--- SUPPLIED DATA Enclosed Below ---
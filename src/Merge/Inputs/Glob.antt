-- ===== src/Merge/Inputs/Glob.antt =====
-- `glob_match` of rust/src/merge.rs decides the wildcard match, for names without a `*`.
use mie_decoder.Common.{
  ℕ, zero, suc, ◌+◌, ◌*◌, ◌≤◌, ◌<◌, ◌≡◌, ◌≢◌, ◌↔◌, ◌⊎◌, refl, Bool, true, false, ◌||◌, Option, none,
  some, List, [], ◌∷◌, ◌==◌, arith, length, if_intro, All, Bool-cases, inl, inr,
}
use mie_decoder.Merge.Inputs.{only_stars_left, Star, back_to_star, glob_loop, glob_match}

-- `*` stands for any run, `?` for one character, and every other character for itself.
pub data Matches : List ℕ → List ℕ → Type 0 where
  empty : Matches [] []
  one : {t : ℕ} {pat txt : List ℕ} → Matches pat txt → Matches (b'?' ∷ pat) (t ∷ txt)
  same :
      {p t : ℕ} {pat txt : List ℕ}
      → p ≢ b'*'
      → p ≡ t
      → Matches pat txt
      → Matches (p ∷ pat) (t ∷ txt)
  skip : {p : ℕ} {pat txt : List ℕ} → p ≡ b'*' → Matches pat txt → Matches (p ∷ pat) txt
  take :
      {p t : ℕ} {pat txt : List ℕ} → p ≡ b'*' → Matches (p ∷ pat) txt → Matches (p ∷ pat) (t ∷ txt)

abbrev fits : ℕ → ℕ → Bool
fits p t = p == b'?' || p == t

char_inv :
    {p t : ℕ} {pat txt : List ℕ}
    → p ≢ b'*'
    → Matches (p ∷ pat) (t ∷ txt)
    → (fits p t ≡ true) × Matches pat txt
char_inv h (one m) = (refl, m)
char_inv h (same n e m) = (ground arith, m)
char_inv h (skip e m) = absurd (h e)
char_inv h (take e m) = absurd (h e)

char_intro :
    {p t : ℕ} {pat txt : List ℕ}
    → p ≢ b'*'
    → fits p t ≡ true
    → Matches pat txt
    → Matches (p ∷ pat) (t ∷ txt)
char_intro {p} {t} {pat} {txt} h f m = elim (Bool-cases (p == b'?')) [
  | inl any ↦ let e : p ≡ b'?' = ground (arith, any) in rw e (one m)
  | inr other ↦ same h (ground (arith, other)) m
]

star_inv :
    {p t : ℕ} {pat txt : List ℕ}
    → p ≡ b'*'
    → Matches (p ∷ pat) (t ∷ txt)
    → Matches pat (t ∷ txt) ⊎ Matches (p ∷ pat) txt
star_inv e (one m) = absurd (omega arith)
star_inv e (same n s m) = absurd (n e)
star_inv e (skip s m) = inl m
star_inv e (take s m) = inr m

star_at_end : {p : ℕ} {pat : List ℕ} → p ≡ b'*' → Matches (p ∷ pat) [] → Matches pat []
star_at_end e (skip s m) = m

char_at_end : {p : ℕ} {pat : List ℕ} → p ≢ b'*' → ¬ Matches (p ∷ pat) []
char_at_end h (skip s m) = h s

-- Stars before a star add nothing.
star_star :
    {p q : ℕ} {pat : List ℕ} (txt : List ℕ)
    → p ≡ b'*'
    → q ≡ b'*'
    → Matches (p ∷ q ∷ pat) txt
    → Matches (q ∷ pat) txt
star_star [] e f m = star_at_end e m
star_star (t ∷ txt) e f m = elim (star_inv e m) [
  | inl now ↦ now
  | inr later ↦ take f (star_star txt e f later)
]

-- A character that fits may be taken at once, whatever the star before it would take.
take_now :
    {p q : ℕ} {pat : List ℕ} (t : ℕ) (txt : List ℕ)
    → p ≡ b'*'
    → q ≢ b'*'
    → Matches (p ∷ q ∷ pat) (t ∷ txt)
    → Matches (p ∷ pat) txt
take_now t [] e h m = elim (star_inv e m) [
  | inl now ↦ skip e (char_inv h now).1
  | inr later ↦ absurd (char_at_end h (star_at_end e later))
]
take_now t (u ∷ txt) e h m = elim (star_inv e m) [
  | inl now ↦ skip e (char_inv h now).1
  | inr later ↦ take e (take_now u txt e h later)
]

only_stars-sound : (pat : List ℕ) → only_stars_left pat ≡ true → Matches pat []
unfolding only_stars_left
only_stars-sound [] h = empty
only_stars-sound (p ∷ pat) h = skip (ground arith) (only_stars-sound pat (ground arith))

only_stars_complete : (pat : List ℕ) → Matches pat [] → only_stars_left pat ≡ true
unfolding only_stars_left
only_stars_complete [] m = refl
only_stars_complete (p ∷ pat) (skip e m) = ground (arith, only_stars_complete pat m)

abbrev pub HasNoStar : List ℕ → Type 0
HasNoStar = All (λ (t : ℕ). t ≢ b'*')

-- The loop ended with an answer, and it is the answer to the question `G`.
abbrev pub Answers : Type 0 → Option Bool → Type 0
Answers G none = ⊥
Answers G (some true) = G
Answers G (some false) = ¬ G

-- `G` is whether the whole pattern matches the whole name; every pattern is shorter than `k`.
module _ (G : Type 0) (k : ℕ) where
  -- What the last star stands for; `m` bounds the text from its mark on.
  abbrev Held : ℕ → List ℕ → List ℕ → Star → Type 0
  Held m pat txt none = G → Matches pat txt
  Held m pat txt (some (behind, mark)) =
      (G ↔ Matches (b'*' ∷ behind) mark)
      × (Matches behind mark → Matches pat txt)
      × (length txt ≤ length mark)
      × (length mark ≤ m)
      × (length behind < k)
      × HasNoStar mark

  record Inv (fuel m : ℕ) (pat txt : List ℕ) (star : Star) : Type 0 where
    enough : Matches pat txt → G
    needed : G → Matches (b'*' ∷ pat) txt
    held : Held m pat txt star
    plain : HasNoStar txt
    text : length txt ≤ m
    pattern_ : length pat < k
    fuelled : m * k + length pat < fuel

  Inv-mark :
      (fuel m : ℕ) (pat txt : List ℕ)
      → G ↔ Matches (b'*' ∷ pat) txt
      → HasNoStar txt
      → length txt ≤ m
      → length pat < k
      → m * k + length pat < fuel
      → Inv fuel m pat txt (some (pat, txt))
  Inv-mark fuel m pat txt e plain t p f = record {
    enough = λ d. e.1 (skip refl d);
    needed = e.0;
    held = (e, λ d. d, omega arith, t, p, plain);
    plain = plain;
    text = t;
    pattern_ = p;
    fuelled = f;
  }

  Held-char :
      (m : ℕ) (p t : ℕ) (pat txt : List ℕ) (star : Star)
      → p ≢ b'*'
      → Held m (p ∷ pat) (t ∷ txt) star
      → Held m pat txt star
  Held-char m p t pat txt none h held = λ g. (char_inv h (held g)).1
  Held-char m p t pat txt (some (behind, mark)) h (e, down, longer, small, short, plain) =
      (e, λ d. (char_inv h (down d)).1, omega arith, small, short, plain)

  back-Answers :
      (fuel m : ℕ) (pat : List ℕ) (t : ℕ) (txt : List ℕ) (star : Star)
      (round : List ℕ → List ℕ → Star → Option Bool)
      → ((m' : ℕ) (pat' txt' : List ℕ) (star' : Star)
          → Inv fuel m' pat' txt' star'
          → Answers G (round pat' txt' star'))
      → Inv (suc fuel) m pat (t ∷ txt) star
      → ¬ Matches pat (t ∷ txt)
      → Answers G (back_to_star star round)
  back-Answers fuel m pat t txt none round ih i miss = λ g. miss (i.held g)
  back-Answers fuel m pat t txt (some (behind, [])) round ih i miss = absurd (omega (arith, i.held))
  back-Answers fuel zero pat t txt (some (behind, c ∷ mark)) round ih i miss =
      absurd (omega (arith, i.held))
  back-Answers fuel (suc m) pat t txt (some (behind, c ∷ mark)) round ih i miss =
      let (e, down, longer, small, short, plain) = i.held in
      let further : G → Matches (b'*' ∷ behind) mark = λ g. elim (star_inv refl (e.0 g)) [
        | inl now ↦ absurd (miss (down now))
        | inr later ↦ later
      ] in
      ih m behind mark (some (behind, mark)) (
        Inv-mark fuel m behind mark (further, λ d. e.1 (take refl d)) plain.1 (omega arith) short
          (omega (arith, i.fuelled)))

  loop-Answers :
      (fuel m : ℕ) (pat txt : List ℕ) (star : Star)
      → Inv fuel m pat txt star
      → Answers G (glob_loop fuel pat txt star)
  unfolding glob_loop
  loop-Answers zero m pat txt star i = absurd (omega (arith, i.fuelled))
  loop-Answers (suc fuel) m pat [] star i = at_end (Bool-cases (only_stars_left pat))
    where
      at_end :
          (only_stars_left pat ≡ true) ⊎ (only_stars_left pat ≡ false)
          → Answers G (some (only_stars_left pat))
      at_end (inl all) = rw all (i.enough (only_stars-sound pat all))
      at_end (inr some_other) = rw some_other (λ g.
          absurd
            (ground (arith, some_other, only_stars_complete pat (star_at_end refl (i.needed g)))))
  loop-Answers (suc fuel) m [] (t ∷ txt) star i =
      back-Answers fuel m [] t txt star (glob_loop fuel) (loop-Answers fuel) i (λ d. elim d [ ])
  loop-Answers (suc fuel) m (p ∷ pat) (t ∷ txt) star i =
      if_intro (Answers G) (fits p t) _ _
        (λ fit.
          let char : p ≢ b'*' = λ e. ground (arith, i.plain.0) in
          loop-Answers fuel m pat txt star (record {
            enough = λ d. i.enough (char_intro char fit d);
            needed = λ g. take_now t txt refl char (i.needed g);
            held = Held-char m p t pat txt star char i.held;
            plain = i.plain.1;
            text = omega (arith, i.text);
            pattern_ = omega (arith, i.pattern_);
            fuelled = omega (arith, i.fuelled);
          }))
        (λ misfit.
          if_intro (Answers G) (p == b'*') _ _
            (λ star_here.
              let e : p ≡ b'*' = ground (arith, star_here) in
              loop-Answers fuel m pat (t ∷ txt) (some (pat, t ∷ txt)) (
                Inv-mark fuel m pat (t ∷ txt)
                  (λ g. rw e at (star_star (t ∷ txt) refl e (i.needed g)), λ d. i.enough (rw e d))
                  i.plain i.text (omega (arith, i.pattern_)) (omega (arith, i.fuelled))))
            (λ other.
              back-Answers fuel m (p ∷ pat) t txt star (glob_loop fuel) (loop-Answers fuel) i
                (λ d. ground (arith, other, misfit, (char_inv (λ e. ground (arith, other)) d).0))))

-- For a name without a `*` the loop ends with an answer, true exactly when the pattern matches.
pub glob_match-Answers :
    (pat txt : List ℕ) → HasNoStar txt → Answers (Matches pat txt) (glob_match pat txt)
unfolding glob_match
glob_match-Answers pat txt plain =
    loop-Answers (Matches pat txt) (length pat + 1) ((length txt + 1) * (length pat + 1))
      (length txt) pat txt none
      (record {
        enough = λ d. d;
        needed = λ g. skip refl g;
        held = λ g. g;
        plain = plain;
        text = omega arith;
        pattern_ = omega arith;
        fuelled = grind arith;
      })

-- A name that begins with a `*` and goes on is matched by the pattern that is one `*`, but the loop
-- answers no for it: it takes the star of the name for the one of the pattern.
pub glob_match_star_name :
    (c : ℕ) (rest : List ℕ)
    → Matches (b'*' ∷ []) (b'*' ∷ c ∷ rest)
      × (glob_match (b'*' ∷ []) (b'*' ∷ c ∷ rest) ≡ some false)
unfolding glob_match glob_loop
glob_match_star_name c rest =
    let fuel : (length (b'*' ∷ c ∷ rest) + 1) * (length {A = ℕ} (b'*' ∷ []) + 1)
        ≡ suc (suc (length rest * 2 + 4)) =
      omega arith in
    (any_run (b'*' ∷ c ∷ rest), rw fuel refl)
  where
    any_run : (txt : List ℕ) → Matches (b'*' ∷ []) txt
    any_run [] = skip refl empty
    any_run (t ∷ txt) = take refl (any_run txt)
--- End of Enclosed SUPPLIED DATA ---
| TASK DESCRIPTION |
Above are the records. Print exactly, and only, the lines from the line with "glob_match-Answers pat txt" to the line with "held = λ g. g;", both inclusive.

| EXERCISE RESULT |
glob_match-Answers pat txt plain =
    loop-Answers (Matches pat txt) (length pat + 1) ((length txt + 1) * (length pat + 1))
      (length txt) pat txt none
      (record {
        enough = λ d. d;
        needed = λ g. skip refl g;
        held = λ g. g;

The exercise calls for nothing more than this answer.